You can feel it in the live shows, reworked by Giles Martin so we can hear how inspired their playing is even with all the screaming. Songs like “Please Please Me” and “This Boy” burst with new enthusiasm, and there’s a sequence from the Washington, D.C. show of Paul singing “Long Tall Sally” that elevates that song to a level of its own “Little Richard-meets-Beatles” dimension of gleeful glee. . When Paul sings “Have some fun tonight!” He turns it into a new age doctrine.
The Maysles, God bless them, have covered the waterfront. They interview Harlem residents about the Beatles (we hear enthusiasm from teenagers, and skepticism from slightly older folks feeling the sting of appropriation). They recorded a family, the Gonzales, watching the Beatles’ first appearance on “Ed Sullivan” in their kitchen. Their teenage daughter is quiet but distraught and soaring high. this This is what the revolution looked like.
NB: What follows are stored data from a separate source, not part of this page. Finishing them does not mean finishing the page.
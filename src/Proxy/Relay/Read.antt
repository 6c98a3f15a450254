-- ===== src/Proxy/Relay/Read.antt =====
-- What passing a response on comes to: the bytes that were read and sent, and how far it was read.
use ece.Prelude.{
  minus_one, ◌%◌, ℕ, ◌^◌, ◌≡◌, ◌≢◌, ◌⊎◌, Option, some, none, [], ◌∷◌, ◌++◌, Bytes, length,
  append_assoc,
}
use ece.CString.{c_string}
use ece.Sys.{Event, Kernel, Stop, Trace, sent, received}
use ece.Proxy.Relay.{response_size, plan_rest}

-- Between `t` and `t'` the bytes of `x` came from the server, and just they went to the client.
abbrev pub Passed : ℕ → ℕ → Trace → Trace → Bytes → Type 0
Passed client_fd server_fd t t' x =
    (sent client_fd t' ≡ sent client_fd t ++ x)
    × (received server_fd t' ≡ received server_fd t ++ x)

pub Passed-trans :
    (c s : ℕ) (t u v : Trace) (x y : Bytes)
    → Passed c s t u x
    → Passed c s u v y
    → Passed c s t v (x ++ y)
Passed-trans c s t u v x y (p, q) (p', q') =
    (rw (p', p) (append_assoc _ x y), rw (q', q) (append_assoc _ x y))

-- The last call was a `read` that brought nothing: the end of the data, or an error.
abbrev pub NoBytes : Option Bytes → Type 0
NoBytes none = Unit
NoBytes (some []) = Unit
NoBytes (some (b ∷ bs)) = ⊥

abbrev pub AtEnd : ℕ → Trace → Type 0
AtEnd server_fd t = (u : Trace) × (r : Option Bytes) × (t ≡ Event.read server_fd r ∷ u) × NoBytes r

-- One `read` and the `write` of its bytes.
abbrev pub copied : Kernel → ℕ → ℕ → Bytes → Trace → Trace
copied k client_fd server_fd x t =
    let u = Event.read server_fd (some x) ∷ t in Event.write client_fd x (k.write u client_fd x) ∷ u

abbrev pub Unfinished : Stop → Trace → Type 0
Unfinished s t = (s ≡ Stop.undefined) ⊎ (s ≡ Stop.running)

module _ (k : Kernel) (client_fd server_fd : ℕ) where
  -- What the text in the array says of the rest, behind a first read of `y`.
  abbrev pub planned : Bytes → Trace → Option (Option ℕ)
  planned y t = plan_rest (c_string (y ++ k.beyond (copied k client_fd server_fd y t)))

  -- After a first read that filled the array: without a length, all was read up to the end of the data;
  -- with one, the rest was read by one `read`, which may have brought less, or have failed.
  abbrev pub RestRead : Trace → Bytes → Bytes → ℕ → Trace → Type 0
  RestRead t y x total t' =
      ((planned y t ≡ some none) × (total ≡ length x % 2 ^ 32) × AtEnd server_fd t')
      ⊎ ((n : ℕ) × (planned y t ≡ some (some n))
          × (((z : Bytes) × (k.read (copied k client_fd server_fd y t) server_fd n ≡ some z)
                × (x ≡ y ++ z)
                × (total ≡ length x % 2 ^ 32))
              ⊎ ((k.read (copied k client_fd server_fd y t) server_fd n ≡ none)
                  × (x ≡ y)
                  × (total ≡ 1023))))

  -- How much of the response was read: nothing, as the first `read` failed; what it brought, if it did
  -- not fill the array; or that and the rest.
  abbrev pub AllRead : Trace → Bytes → ℕ → Trace → Type 0
  AllRead t x total t' =
      ((k.read t server_fd response_size ≡ none) × (x ≡ []) × (total ≡ minus_one))
      ⊎ ((y : Bytes) × (k.read t server_fd response_size ≡ some y)
          × (((length y ≢ response_size) × (x ≡ y) × (total ≡ length x % 2 ^ 32))
              ⊎ ((length y ≡ response_size) × RestRead t y x total t')))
The Beatles brought joy to the world because they felt it. And there was the love that you could feel for each other. George Harrison talks about how everyone in Liverpool was comedians, and in the documentary’s offstage sequences, we see how the insolence of the four Beatles – their simple irreverence – becomes a form of grace. Surrounded by a cult following, the Beatles thrived because they never took any of it seriously. They were passionate musicians but soul comedians. That’s why they can imitate and absorb thousands of patterns. The most profound moment in “Beatles ’64” arrives at the end, when Lennon, in an interview given to French television, sums up what he believes the Beatles meant by saying that a new ship was sailing, and that the Beatles were the ship. The one in the crow’s nest announcing the ship’s arrival. But the ship was bigger than it was. We still cling to the remains of that ship. But oh, whatever happened to the Beatles’ joy wisdom?